For the data that follows, report how many lines contain the word "false", and nothing else.

********************

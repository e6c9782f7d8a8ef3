-- ===== src/Mailbox/Box/Stats.antt =====
-- What the uids and the counters of a mailbox say of the messages in its folder.
use bmagent.Base.{
  ℕ, ◌+◌, ◌<◌, ◌≡◌, ◌⊎◌, inl, inr, refl, sym, ap, ◌∙◌, Bool, true, false, not, Option, none, some,
  List, [], ◌∷◌, ◌++◌, if◌then◌else◌, u32, Text, arith, Bool-cases, Option-cases,
}
use bmagent.Mailbox.Coding.{Outcome, fine, refused, stopped, Coding, Bmail, decode_bitmessage}
use bmagent.Mailbox.Box.{
  Folders, Flags, Mailbox, Tally, sort_uids, belongs, update_mailbox_stats, tally_message,
  tally_messages, refresh,
}
use bmagent.Mailbox.Box.Own.{
  Outcome-cases, twice, with_none, zero_first, append_one, append_none, classify, AreReadable,
  one_if, count, id_if, own_ids, is_recent, is_unseen, IsRising, times, sort_uids-IsRising,
  times-sort_uids,
}

module _ (C : Coding) (F : Folders) (X : Flags) (probe : ℕ → ℕ → ℕ → ℕ → ℕ → ℕ) where
  open C use {Time}

  abbrev Sub : Type 0
  Sub = Option (Bmail Time → Bool)

  -- What the function of `refresh` does with a message, by its class.
  abbrev pub tallied : ℕ → Outcome (Option ℕ) → Tally → Outcome Tally
  tallied id refused t = refused
  tallied id stopped t = stopped
  tallied id (fine none) t = fine t
  tallied id (fine (some flags)) t = fine (record {
    recent = u32 (t.recent + one_if C F X probe (is_recent C F X probe) (fine (some flags)));
    unseen = u32 (t.unseen + one_if C F X probe (is_unseen C F X probe) (fine (some flags)));
    ids = t.ids ++ (id ∷ []);
  })

  -- The counters are words.
  abbrev pub Words : Tally → Type 0
  Words t = (t.recent < 4294967296) × (t.unseen < 4294967296)

  counted :
      (b : Bool) (n : ℕ)
      → n < 4294967296
      → (if b then u32 (n + 1) else n) ≡ u32 (n + (if b then 1 else 0))
  counted true n lt = refl
  counted false n lt = omega arith

  uncounted :
      (b : Bool) (n : ℕ)
      → n < 4294967296
      → (if b then n else u32 (n + 1)) ≡ u32 (n + (if not b then 1 else 0))
  uncounted true n lt = omega arith
  uncounted false n lt = refl

  pub tally_message-tallied :
      (sub : Sub) (id : ℕ) (msg : Text) (t : Tally)
      → Words t
      → tally_message C F X probe sub id msg t ≡ tallied id (classify C F X probe sub msg) t
  unfolding tally_message classify update_mailbox_stats
  tally_message-tallied sub id msg t w = elim (Outcome-cases (decode_bitmessage C msg)) [
    | inl (inl e) ↦ rw (e, tally_message, classify) refl
    | inl (inr e) ↦ rw (e, tally_message, classify) refl
    | inr ((b, o), e) ↦ elim (Bool-cases (belongs C F X probe sub b)) [
      | inr no_own ↦ rw (e, tally_message, classify) (rw no_own refl)
      | inl own ↦ elim (Option-cases b.imap_data) [
        | inl e' ↦ rw (e, tally_message, classify) (rw own (rw e' refl))
        | inr (i, e') ↦
            rw (e, tally_message, classify)
              (rw own (
                rw e' (
                  rw (counted (X.has_flags i.flags X.recent) t.recent w.0)
                    (rw (uncounted (X.has_flags i.flags X.seen) t.unseen w.1) refl))))
      ]
    ]
  ]

  -- What the loop gathers when it ends without an error.
  abbrev Gathers : Sub → List (ℕ × Text) → Tally → Tally → Type 0
  Gathers sub es t t' =
      (AreReadable C F X probe) sub es
      × (t'.recent ≡ u32 (t.recent + count C F X probe (is_recent C F X probe) sub es))
      × (t'.unseen ≡ u32 (t.unseen + count C F X probe (is_unseen C F X probe) sub es))
      × (t'.ids ≡ t.ids ++ own_ids C F X probe sub es)

  tally_messages-Gathers :
      (sub : Sub) (es : List (ℕ × Text)) (t : Tally)
      → Words t
      → let (t', out) = tally_messages C F X probe sub es t in
        (Gathers sub es t t' × (out ≡ fine tt)) ⊎ ((out ≡ refused) ⊎ (out ≡ stopped))
  unfolding tally_messages count own_ids
  tally_messages-Gathers sub [] t w =
      inl ((tt, omega arith, omega arith, sym (append_none t.ids)), refl)
  tally_messages-Gathers sub ((id, msg) ∷ es) t w =
      elim (Outcome-cases (classify C F X probe sub msg)) [
        | inl (inl e) ↦
            rw (tally_message-tallied sub id msg t w ∙ ap (λ o. tallied id o t) e, tally_messages)
              (inr (inl refl))
        | inl (inr e) ↦
            rw (tally_message-tallied sub id msg t w ∙ ap (λ o. tallied id o t) e, tally_messages)
              (inr (inr refl))
        | inr (none, e) ↦
            let IH = tally_messages-Gathers sub es t w in
            rw (tally_message-tallied sub id msg t w ∙ ap (λ o. tallied id o t) e, tally_messages)
              (elim IH [
                | inr bad ↦ inr bad
                | inl ((readable, r, u, i), fin) ↦ inl (
                  (
                    ((none, e), readable),
                    r
                        ∙ with_none t.recent (count C F X probe (is_recent C F X probe) sub es)
                        ∙ ap
                            (λ o. u32 (
                              t.recent
                              + (one_if C F X probe (is_recent C F X probe) o
                                  + count C F X probe (is_recent C F X probe) sub es)))
                            (sym e),
                    u
                        ∙ with_none t.unseen (count C F X probe (is_unseen C F X probe) sub es)
                        ∙ ap
                            (λ o. u32 (
                              t.unseen
                              + (one_if C F X probe (is_unseen C F X probe) o
                                  + count C F X probe (is_unseen C F X probe) sub es)))
                            (sym e),
                    i
                        ∙ ap (λ o. t.ids ++ id_if C F X probe id o (own_ids C F X probe sub es))
                            (sym e),
                  ),
                  fin,
                )
              ])
        | inr (some flags, e) ↦
            let a = (one_if C F X probe) (is_recent C F X probe) (fine (some flags)) in
            let b = (one_if C F X probe) (is_unseen C F X probe) (fine (some flags)) in
            let next : Tally = record {
              recent = u32 (t.recent + a);
              unseen = u32 (t.unseen + b);
              ids = t.ids ++ (id ∷ []);
            } in
            let IH = tally_messages-Gathers sub es next (omega arith, omega arith) in
            rw (tally_message-tallied sub id msg t w ∙ ap (λ o. tallied id o t) e, tally_messages)
              (elim IH [
                | inr bad ↦ inr bad
                | inl ((readable, r, u, i), fin) ↦ inl (
                  (
                    ((some flags, e), readable),
                    r
                        ∙ twice t.recent a (count C F X probe (is_recent C F X probe) sub es)
                        ∙ ap
                            (λ o. u32 (
                              t.recent
                              + (one_if C F X probe (is_recent C F X probe) o
                                  + count C F X probe (is_recent C F X probe) sub es)))
                            (sym e),
                    u
                        ∙ twice t.unseen b (count C F X probe (is_unseen C F X probe) sub es)
                        ∙ ap
                            (λ o. u32 (
                              t.unseen
                              + (one_if C F X probe (is_unseen C F X probe) o
                                  + count C F X probe (is_unseen C F X probe) sub es)))
                            (sym e),
                    i
                        ∙ append_one t.ids id (own_ids C F X probe sub es)
                        ∙ ap (λ o. t.ids ++ id_if C F X probe id o (own_ids C F X probe sub es))
                            (sym e),
                  ),
                  fin,
                )
              ])
      ]

  tally_messages-readable :
      (sub : Sub) (es : List (ℕ × Text)) (t : Tally)
      → Words t
      → AreReadable C F X probe sub es
      → (tally_messages C F X probe sub es t).1 ≡ fine tt
  unfolding tally_messages
  tally_messages-readable sub [] t w h = refl
  tally_messages-readable sub ((id, msg) ∷ es) t w ((none, e), h) =
      rw (tally_message-tallied sub id msg t w ∙ ap (λ o. tallied id o t) e, tally_messages)
        (tally_messages-readable sub es t w h)
  tally_messages-readable sub ((id, msg) ∷ es) t w ((some flags, e), h) =
      let next : Tally = record {
        recent = u32 (t.recent + one_if C F X probe (is_recent C F X probe) (fine (some flags)));
        unseen = u32 (t.unseen + one_if C F X probe (is_unseen C F X probe) (fine (some flags)));
        ids = t.ids ++ (id ∷ []);
      } in
      rw (tally_message-tallied sub id msg t w ∙ ap (λ o. tallied id o t) e, tally_messages)
        (tally_messages-readable sub es next (omega arith, omega arith) h)

  -- The mailbox shows the messages of its folder: all can be read, the uids are the ids of its own
  -- messages, sorted, and the counters count those that are recent and those that are unseen.
  pub record Shows (box : Mailbox C F X probe) : Type 0 where
    pub readable : (AreReadable C F X probe) box.sub (F.visited 0 0 2 box.mbox).0
    pub ended : (F.visited 0 0 2 box.mbox).1 ≡ true
    pub uids : box.uids ≡ sort_uids (own_ids C F X probe box.sub (F.visited 0 0 2 box.mbox).0)
    pub num_recent :
        box.num_recent
        ≡ u32 (count C F X probe (is_recent C F X probe) box.sub (F.visited 0 0 2 box.mbox).0)
    pub num_unseen :
        box.num_unseen
        ≡ u32 (count C F X probe (is_unseen C F X probe) box.sub (F.visited 0 0 2 box.mbox).0)
    pub next_uid : box.next_uid ≡ u32 (F.next_id box.mbox)

  abbrev zero_tally : Tally
  zero_tally = record { recent = 0; unseen = 0; ids = [] }

  -- What `refresh` makes of the tally.
  refresh-runs :
      (box : Mailbox C F X probe)
      → refresh C F X probe box ≡ (
          let (t, out) =
            tally_messages C F X probe box.sub (F.visited 0 0 2 box.mbox).0 zero_tally in
          let counted : Mailbox C F X probe = record box {
            next_uid = u32 (F.next_id box.mbox);
            num_recent = t.recent;
            num_unseen = t.unseen;
          } in
          elim out [
            | refused ↦ (counted, refused)
            | stopped ↦ (counted, stopped)
            | fine x ↦
                if (F.visited 0 0 2 box.mbox).1
                then (record counted { uids = sort_uids t.ids }, fine tt)
                else (counted, refused)
          ])
  unfolding refresh
  refresh-runs box = refl

  -- A refresh keeps the folder. If it succeeds the uids are the ids of the mailbox's own messages, each
  -- as often, and do not fall along the list, and the counters count the recent and the unseen of them;
  -- if it fails the uids are as before.
  pub refresh-Shows :
      (box : Mailbox C F X probe)
      → let (box', out) = refresh C F X probe box in
        ((out ≡ fine tt)
          × Shows box'
          × (box'.mbox ≡ box.mbox)
          × IsRising box'.uids
          × ((n : ℕ)
              → times n box'.uids
                ≡ times n (own_ids C F X probe box.sub (F.visited 0 0 2 box.mbox).0)))
        ⊎ (((out ≡ refused) ⊎ (out ≡ stopped)) × (box'.uids ≡ box.uids) × (box'.mbox ≡ box.mbox))
  refresh-Shows box =
      elim (tally_messages-Gathers box.sub (F.visited 0 0 2 box.mbox).0 zero_tally
        (omega arith, omega arith)) [
          | inr (inl bad) ↦ rw (refresh-runs box) (rw bad (inr (inl refl, refl, refl)))
          | inr (inr bad) ↦ rw (refresh-runs box) (rw bad (inr (inr refl, refl, refl)))
          | inl ((readable, recent, unseen, ids), good) ↦
              elim (Bool-cases (F.visited 0 0 2 box.mbox).1) [
                | inr cut ↦ rw (refresh-runs box) (rw good (rw cut (inr (inl refl, refl, refl))))
                | inl ended ↦ rw (refresh-runs box) (
                    rw good (
                      rw ended (
                        inl (
                          refl,
                          record {
                            readable = readable;
                            ended = ended;
                            uids = ap sort_uids ids;
                            num_recent =
                                recent
                                ∙ zero_first (
                                    count C F X probe (is_recent C F X probe) box.sub
                                      (F.visited 0 0 2 box.mbox).0);
                            num_unseen =
                                unseen
                                ∙ zero_first (
                                    count C F X probe (is_unseen C F X probe) box.sub
                                      (F.visited 0 0 2 box.mbox).0);
                            next_uid = refl;
                          },
                          refl,
                          sort_uids-IsRising _,
                          λ n. times-sort_uids n _ ∙ ap (times n) ids,
                        ))))
              ]
        ]

  -- Where every message can be read, the refresh succeeds.
  pub refresh-readable :
      (box : Mailbox C F X probe)
      → AreReadable C F X probe box.sub (F.visited 0 0 2 box.mbox).0
      → (F.visited 0 0 2 box.mbox).1 ≡ true
      → (refresh C F X probe box).1 ≡ fine tt
  refresh-readable box readable ended =
      let good =
        tally_messages-readable box.sub (F.visited 0 0 2 box.mbox).0 zero_tally
          (omega arith, omega arith) readable in
      rw (refresh-runs box) (rw good (rw ended refl))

********************

Response to this exercise =
3